“哥哥,笑話別人是不好的,而且,”
這少女看了看徐一平嘆道:“他可真不容易!”
的確,徐一平雖然在來的馬車上休息了半夜,但取珠造成的傷卻是沒那么容易痊愈的。而且徐一平白天流了不少血,現在的徐一平臉色蒼白,雙目無神,徐一平虛弱到了極致。
這少女有些同情的道:“你是來求仙的嘛,不過道觀沒資格收徒,而且道觀里的雜役仆從都收滿了,要不你還是早點回去吧。”
“妹妹,你還沒看出來嘛,這人要么是個傻子要么就是個瘋子,還成仙,像你我曾經被譽為范氏一脈萬年一遇的天才,可結果呢!”那少年站在黑夜中,背影孤獨又凄涼。
“但你我曾經不也一樣夢想成仙,”這少女開口道:“我叫范夜天,我哥哥名叫范荀,對了你叫什么名字?”
“我叫徐一平,”頓了頓徐一平又道:“你們都是鬼嘛?”
徐一平早就觀察到這兩人走路悄無聲音,而且月光下也沒有半點影子。
“是呀,我和哥哥死了好多年了,”范夜天神情有點傷感:“你既然看出來了我們也不打擾你了,天亮了你便可以選擇登山。”
徐一平笑道:“干嘛要走,我一個人在這里也挺無聊的,不如我們聊聊天吧!”
范夜天吃驚的道:“你不怕我們?”
徐一平實話實說:“有點怕,但是我這樣即便想跑也跑不了太遠,不如聊聊天吧。”畢竟是在筆架山下,徐一平并不是太擔心,而且徐一平也是真的跑不動了。
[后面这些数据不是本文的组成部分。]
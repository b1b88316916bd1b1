-- ===== src/Store/Load/Grouped.antt =====
-- store/src/utils.rs: `load_incidents`, `load_uptimes`, `load_versions`, `load_commissions` and
-- `load_ruggers`, after their queries. A row has the columns of its query; `now` is the clock as it is
-- read for a row.
pub mod Listed
use delegation_strategy.Prelude.{
  ℕ, ◌-◌, String, Option, none, some, List, [], ◌∷◌, ◌++◌, HashMap, map, update, insert, or_default,
  string_discrete, ℤ, pos, negsuc, u64_mod,
}
use delegation_strategy.Store.Query.{Result, ok, err, and_then}
use delegation_strategy.Store.Dto.Scalars.{Decimal, DateTime}
use delegation_strategy.Store.Dto.Validators.{IncidentRecord}
use delegation_strategy.Store.Dto.Records.{
  UptimeRecord, VersionRecord, CommissionRecord, RuggerRecord,
}
use delegation_strategy.Store.Load.{to_u64, signed_to_u64, signed_to_u8, or_error}

-- `as u64`, from a signed number.
abbrev pub as_u64 : ℤ → ℕ
as_u64 (pos n) = n
as_u64 (negsuc n) = u64_mod - 1 - n

-- The loop that the four functions share: a row's record is pushed at its vote account.
unfoldable pub group_rows :
    {R A E : Type 0}
    → (R → String)
    → (R → Result E A)
    → List R
    → HashMap String (List A)
    → Result E (HashMap String (List A))
group_rows account record_of [] records = ok records
group_rows account record_of (row ∷ rows) records = and_then (record_of row) (λ a.
    group_rows account record_of rows
      (update string_discrete (account row) [] (λ l. l ++ a ∷ []) records))

pub record IncidentRow : Type 0 where
  pub vote_account : String
  pub epoch : Decimal
  pub start_at : DateTime
  pub end_at : DateTime
  pub downtime_seconds : ℤ

pub record UptimeRow : Type 0 where
  pub vote_account : String
  pub status : String
  pub epoch : Decimal
  pub epoch_start : Option DateTime
  pub epoch_end : Option DateTime
  pub start_at : DateTime
  pub end_at : DateTime

pub record VersionRow : Type 0 where
  pub vote_account : String
  pub version : Option String
  pub epoch : Decimal
  pub created_at : DateTime

pub record CommissionRow : Type 0 where
  pub vote_account : String
  pub commission : ℤ
  pub epoch : Decimal
  pub epoch_start : Option DateTime
  pub epoch_end : Option DateTime
  pub epoch_slot : Decimal
  pub created_at : DateTime

pub record RuggerRow : Type 0 where
  pub vote_account : String
  pub events_count : ℤ
  pub epochs : List Decimal
  pub commission_observed_values : List ℤ
  pub commission_min_observed_values : List ℤ

module _ {E : Type 0} (out_of_range : E) where
  unfoldable pub incident_of : IncidentRow → Result E IncidentRecord
  incident_of row = and_then (or_error out_of_range (to_u64 row.epoch)) (λ epoch.
      and_then (or_error out_of_range (signed_to_u64 row.downtime_seconds)) (λ downtime_seconds.
        ok (record {
          epoch = epoch;
          start_at = row.start_at;
          end_at = row.end_at;
          downtime_seconds = downtime_seconds;
        })))

  unfoldable pub load_incidents :
      Result E (List IncidentRow) → Result E (HashMap String (List IncidentRecord))
  unfolding group_rows incident_of
  load_incidents answer =
      and_then answer (λ rows. group_rows (λ row. row.vote_account) incident_of rows [])

  unfoldable pub uptime_of :
      (UptimeRow → DateTime) → (UptimeRow → DateTime) → UptimeRow → Result E UptimeRecord
  uptime_of now_for_end now_for_start row =
      and_then (or_error out_of_range (to_u64 row.epoch)) (λ epoch. ok (record {
        epoch = epoch;
        epoch_end_at = or_default (now_for_end row) row.epoch_end;
        epoch_start_at = or_default (now_for_start row) row.epoch_start;
        status = row.status;
        start_at = row.start_at;
        end_at = row.end_at;
      }))

  unfoldable pub load_uptimes :
      (UptimeRow → DateTime)
      → (UptimeRow → DateTime)
      → Result E (List UptimeRow)
      → Result E (HashMap String (List UptimeRecord))
  unfolding group_rows uptime_of
  load_uptimes now_for_end now_for_start answer =
      and_then answer
        (λ rows. group_rows (λ row. row.vote_account) (uptime_of now_for_end now_for_start) rows [])

  unfoldable pub version_of : VersionRow → Result E VersionRecord
  version_of row =
      and_then (or_error out_of_range (to_u64 row.epoch))
        (λ epoch. ok (record { epoch = epoch; version = row.version; created_at = row.created_at }))

  unfoldable pub load_versions :
      Result E (List VersionRow) → Result E (HashMap String (List VersionRecord))
  unfolding group_rows version_of
  load_versions answer =
      and_then answer (λ rows. group_rows (λ row. row.vote_account) version_of rows [])

  unfoldable pub commission_of :
      (CommissionRow → DateTime)
      → (CommissionRow → DateTime)
      → CommissionRow
      → Result E CommissionRecord
  commission_of now_for_end now_for_start row =
      and_then (or_error out_of_range (to_u64 row.epoch)) (λ epoch.
        and_then (or_error out_of_range (to_u64 row.epoch_slot)) (λ epoch_slot.
          and_then (or_error out_of_range (signed_to_u8 row.commission)) (λ commission. ok (record {
            epoch = epoch;
            epoch_end_at = or_default (now_for_end row) row.epoch_end;
            epoch_start_at = or_default (now_for_start row) row.epoch_start;
            epoch_slot = epoch_slot;
            commission = commission;
            created_at = row.created_at;
          }))))

  unfoldable pub load_commissions :
      (CommissionRow → DateTime)
      → (CommissionRow → DateTime)
      → Result E (List CommissionRow)
      → Result E (HashMap String (List CommissionRecord))
  unfolding group_rows commission_of
  load_commissions now_for_end now_for_start answer = and_then answer (λ rows.
      group_rows (λ row. row.vote_account) (commission_of now_for_end now_for_start) rows [])

  -- One row per vote account.
  unfoldable pub insert_ruggers :
      (RuggerRow → DateTime)
      → List RuggerRow
      → HashMap String RuggerRecord
      → Result E (HashMap String RuggerRecord)
  insert_ruggers now [] records = ok records
  insert_ruggers now (row ∷ rows) records =
      and_then (or_error out_of_range (signed_to_u64 row.events_count)) (λ occurrences.
        insert_ruggers now rows (
          insert string_discrete row.vote_account
            (record {
              epochs = map (λ e. or_default 0 (to_u64 e)) row.epochs;
              occurrences = occurrences;
              observed_commissions = map as_u64 row.commission_observed_values;
              min_commissions = map as_u64 row.commission_min_observed_values;
              created_at = now row;
            })
            records))

  unfoldable pub load_ruggers :
      (RuggerRow → DateTime) → Result E (List RuggerRow) → Result E (HashMap String RuggerRecord)
  unfolding insert_ruggers
  load_ruggers now answer = and_then answer (λ rows. insert_ruggers now rows [])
范夜天開心的笑起來:“謝謝你,你知道嘛好久好久沒人愿意和我們聊聊天了,快給我說說現在人間流行什么胭脂水粉。”
范荀也湊過來道:“我突然發現看你小子順眼了些,對了給我說說人間現在有沒有什么武道宗師?”
對于他們的問題徐一平是知無不言,不過許多問題他實在是不知道,只是范家兄妹也不在意,他們只是想找個人說說話而已。
這一聊就聊到朝陽染紅了天際,范夜天道:“你等著,我去幫你問問道觀里還收人不,要是不收人你還是早點回去吧,就你這身體沒到山頂見到觀主可能就支撐不住了。”
徐一平并沒有提月影珠的事情,畢竟人心莫測,因此范夜天便武斷的認為徐一平是想見觀主拜師的。
而且也不等徐一平解釋范夜天便一溜煙的跑到了道觀后院。
她倒是個熱心姑娘。
道觀觀主名叫范閑,是范夜天兄妹家族的長輩,但范夜天能做的也只是幫忙問問,道觀自有規矩。
此時朝霞漫天本是吞吐天地紫氣的大好時機,但范閑卻并沒有修煉,他只是靜靜的對著自己身前的一盆水發呆。
范夜天知道范閑看這水盆水已經看了一百二十年了,不過范夜天實在是看不出其中玄機。
范夜天走到范閑身邊小聲道:“觀主,咱們觀里還收道童嗎?”
“不收了,只是你們兩兄妹不好好的巡山,什么時候操心起這種事了。”
“沒什么,”范夜天有點失望:“只是遇到了一個想要修仙的少年。”
“少年?你說的可是他?”
范閑伸手摘下晨霧,用手一捏,捏出一枚園鏡,鏡中的徐一平正在登山。
“就是他,”范夜天小聲問道:“觀主你看他可還行?”
“資質極差,不過既然你覺得他不錯,且坐我身旁看著,我筆架山有兩千八百八十八階階梯,且看他能登上第幾階?”